The vertical blanking drive is a positive going 5 volt or greater pulse that appears during the vertical retrace time at input VJBLANK and turns transistor Q7 on. Normally the light emitting diode in photo coupler PC 1, DPC 1, is conducting about 15 mA from the 12 V supply V4 through resistors R8 and R6.

This current provides light flux to keep the transistor Q-PC1 conducting. When transistor Q7 conducts, this current is shunted away from the diode D-PC 1 into diode D3 and transistor Q7. This method of switching maintains the current through resistors R6 and R8 nearly constant so that the voltage drop across resistor R8 does not greatly change during vertical retrace. A change in the voltage drop across R8 would also alter the 3VREF derived from the resistor divider R15 and R16. This 3V_REF regulates the amplitude of supply 12V-D.

Conduction of transistor Q7 also causes transistor Q3 to turn off by forcing its base voltage to be near ground. The transistor Q3 emitter is held near 3 volts by forward conduction of the collector base junction of transistor Q1 and the charge on coupling capacitor C2. At the junction of the emitter of transistor Q4, the collector of transistor Q3 and resistor R2, the voltage is

held near 11 volts because the base current of Q4 is small and causes very little voltage drop across resistor R11.

Transistor Q6 is off for scan modes other than 15 kHz conventional broadcast TV. During vertical blanking, Q3 serves to disconnect the normal feedback gain control loop of the focus amplifier consisting of R5, R3, R1, Q1 and Q2. Current through resistor R2 and Q7 to ground is substituted.
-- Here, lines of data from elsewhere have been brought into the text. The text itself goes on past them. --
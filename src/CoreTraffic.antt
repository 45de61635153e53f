-- ===== src/CoreTraffic.antt =====
-- internal/state/sqlite/core_traffic.go: `ApplyCoreTrafficEvents`, the ledger of the connections of one
-- core process and the durable totals of the clients and of the listeners.
pub mod Rows
pub mod Ledger
pub mod Conservation
pub mod Writes
pub mod Replay
pub mod CarryForward
use passwall_node.Prelude.{
  ℕ, Bool, true, false, not, ◌&&◌, ◌||◌, Option, none, some, List, [], ◌∷◌, String, if◌then◌else◌,
  str_eq, ltb, take, is_negative, is_nonpositive, codes, is_trimmed, byte_length, core_traffic_gap,
  plain, Result, ok, err, ◌>>=◌, ◌>>◌, refuse, transact,
}
use Rows.{CoreTrafficEvent, Connection, Total, Traffic, write_total}
use Ledger.{apply_core_traffic_event}

-- What the code calls outside this repository: whether a client or listener key has a row id, and an
-- IP address parsed and printed again.
pub record Wire : Type 0 where
  pub client_row_id : String → Bool
  pub listener_row_id : String → Bool
  pub printed_ip : String → Option String

-- `retainedClosedCoreConnections`
abbrev pub retained_closed_core_connections : ℕ
retained_closed_core_connections = 2000

-- `validateProcessIdentity`
unfoldable pub validate_process_identity : String → Result (Unit {0})
validate_process_identity identity =
    refuse (not (is_trimmed (codes identity)) || ltb 512 (byte_length (codes identity))) plain

abbrev is_canonical : Option String → String → Bool
is_canonical none ip = false
is_canonical (some printed) ip = str_eq printed ip

abbrev same_bool : Bool → Bool → Bool
same_bool true b = b
same_bool false b = not b

-- `validateCoreTrafficEvent`
unfoldable pub validate_core_traffic_event : Wire → CoreTrafficEvent → Result (Unit {0})
validate_core_traffic_event wire e =
    refuse
      (not (is_trimmed (codes e.connection_id)) || ltb 128 (byte_length (codes e.connection_id)))
      plain
    >> refuse (not (wire.client_row_id e.client_key)) plain
    >> refuse (not (wire.listener_row_id e.listener_key)) plain
    >> refuse (not (is_canonical (wire.printed_ip e.source_ip) e.source_ip)) plain
    >> refuse
        (is_negative e.up_bytes
          || is_negative e.down_bytes
          || is_negative e.closed_at_ms
          || not (same_bool e.closed (not (is_nonpositive e.closed_at_ms))))
        plain

-- The first loop of `ApplyCoreTrafficEvents`
unfoldable pub validate_events : Wire → Bool → List CoreTrafficEvent → Result (Unit {0})
validate_events wire reset [] = ok tt
validate_events wire reset (e ∷ es) =
    validate_core_traffic_event wire e
    >> refuse (reset && not e.absolute) plain
    >> validate_events wire reset es

-- `seen[connectionID]`
unfoldable pub is_seen : String → List CoreTrafficEvent → Bool
is_seen id [] = false
is_seen id (e ∷ es) = str_eq e.connection_id id || is_seen id es

-- The loop over the open connections of `verifyCoreTrafficResetCoverage`.
unfoldable pub covers : String → List CoreTrafficEvent → List Connection → Result (Unit {0})
covers identity events [] = ok tt
covers identity events (c ∷ cs) =
    refuse
      (str_eq c.process_identity identity && not c.closed && not (is_seen c.connection_id events))
      core_traffic_gap
    >> covers identity events cs

-- `verifyCoreTrafficResetCoverage`
unfoldable pub verify_core_traffic_reset_coverage :
    String → List CoreTrafficEvent → Traffic → Result (Unit {0})
verify_core_traffic_reset_coverage identity events t = elim t.stream [
  | none ↦ ok tt
  | some s ↦
      if not (str_eq s.process_identity identity) || not s.ready
      then ok tt
      else covers identity events t.connections
]

-- `INSERT … SELECT` of the totals of the process `current` as those of `identity`
unfoldable pub carry_forward : String → String → List Total → List Total → List Total
carry_forward identity current [] rows = rows
carry_forward identity current (t ∷ ts) rows =
    let rest = carry_forward identity current ts rows in
    if str_eq t.process_identity current
    then write_total (record t { process_identity = identity }) rest
    else rest

-- `DELETE … WHERE process_identity != ?`
unfoldable pub only_totals : String → List Total → List Total
only_totals identity [] = []
only_totals identity (t ∷ ts) =
    let rest = only_totals identity ts in
    if str_eq t.process_identity identity then t ∷ rest else rest

-- `prepareCoreTrafficStream`
unfoldable pub prepare_core_traffic_stream : String → Bool → Traffic → Result Traffic
prepare_core_traffic_stream identity reset t = elim t.stream [
  | none ↦
      if not reset
      then err plain
      else ok (record t { stream = some (record { process_identity = identity; ready = false }) })
  | some s ↦
      if str_eq s.process_identity identity
      then (if not reset && not s.ready then err plain else ok t)
      else if not reset
      then err plain
      else ok (record {
        stream = some (record { process_identity = identity; ready = false });
        connections = [];
        clients =
            only_totals identity (carry_forward identity s.process_identity t.clients t.clients);
        listeners =
            only_totals identity
              (carry_forward identity s.process_identity t.listeners t.listeners);
      })
]

-- The second loop of `ApplyCoreTrafficEvents`
unfoldable pub apply_events : String → List CoreTrafficEvent → Traffic → Result Traffic
apply_events identity [] t = ok t
apply_events identity (e ∷ es) t =
    apply_core_traffic_event identity e t >>= λ t'. apply_events identity es t'

-- `UPDATE core_traffic_stream SET ready = 1`
abbrev marked_ready : Bool → Traffic → Traffic
marked_ready true t = record t {
  stream = elim t.stream [ none ↦ none | some s ↦ some (record s { ready = true }) ];
}
marked_ready false t = t

-- `ORDER BY closed_at_ms DESC, rowid DESC`, of a list in the order of `rowid`
unfoldable pub insert_closed : Connection → List Connection → List Connection
insert_closed c [] = c ∷ []
insert_closed c (d ∷ ds) =
    let rest = insert_closed c ds in
    if ltb d.closed_at_ms c.closed_at_ms then c ∷ d ∷ ds else d ∷ rest

unfoldable pub latest_closed : String → List Connection → List Connection
latest_closed identity [] = []
latest_closed identity (c ∷ cs) =
    let rest = latest_closed identity cs in
    if str_eq c.process_identity identity && c.closed then insert_closed c rest else rest

unfoldable pub is_retained : String → List Connection → Bool
is_retained id [] = false
is_retained id (c ∷ cs) = str_eq c.connection_id id || is_retained id cs

-- `DELETE FROM core_connection_traffic …` of the closed connections that are not retained
unfoldable pub delete_closed : String → List Connection → List Connection → List Connection
delete_closed identity retained [] = []
delete_closed identity retained (c ∷ cs) =
    let rest = delete_closed identity retained cs in
    if str_eq c.process_identity identity && c.closed && not (is_retained c.connection_id retained)
    then rest
    else c ∷ rest

unfoldable pub prune_connections : String → Traffic → Traffic
prune_connections identity t = record t {
  connections =
      delete_closed identity
        (take retained_closed_core_connections (latest_closed identity t.connections))
        t.connections;
}

-- `ApplyCoreTrafficEvents`
unfoldable pub apply_core_traffic_events :
    Wire → String → Bool → List CoreTrafficEvent → Traffic → Traffic × Result (Unit {0})
apply_core_traffic_events wire identity reset events t = transact t (do
  validate_process_identity identity
  validate_events wire reset events
  if reset then verify_core_traffic_reset_coverage identity events t else ok tt
  prepared ← prepare_core_traffic_stream identity reset t
  applied ← apply_events identity events prepared
  ok (prune_connections identity (marked_ready reset applied), tt))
Simultaneously, transistor Q-PC1 turns off to allow transistor Q5 to turn on. The focus output goes to 1500 V with 2 mA drawn as required to prevent transients.

For horizontal scan frequencies in the range of 31 kHz to 38 kHz, the amplifier average current changes. However, one value of resistor R2 is sufficient to minimize transients to an acceptable level. At the conventional TV scan frequency of 15 kHz, the amplifier power and average current is about half In this mode, transistor Q6 turns on and reduces the voltage at the base of transistor Q4 to about half its former value. This action reduces the current in resistor R2 so that the amplifier average current is matched at this scan frequency.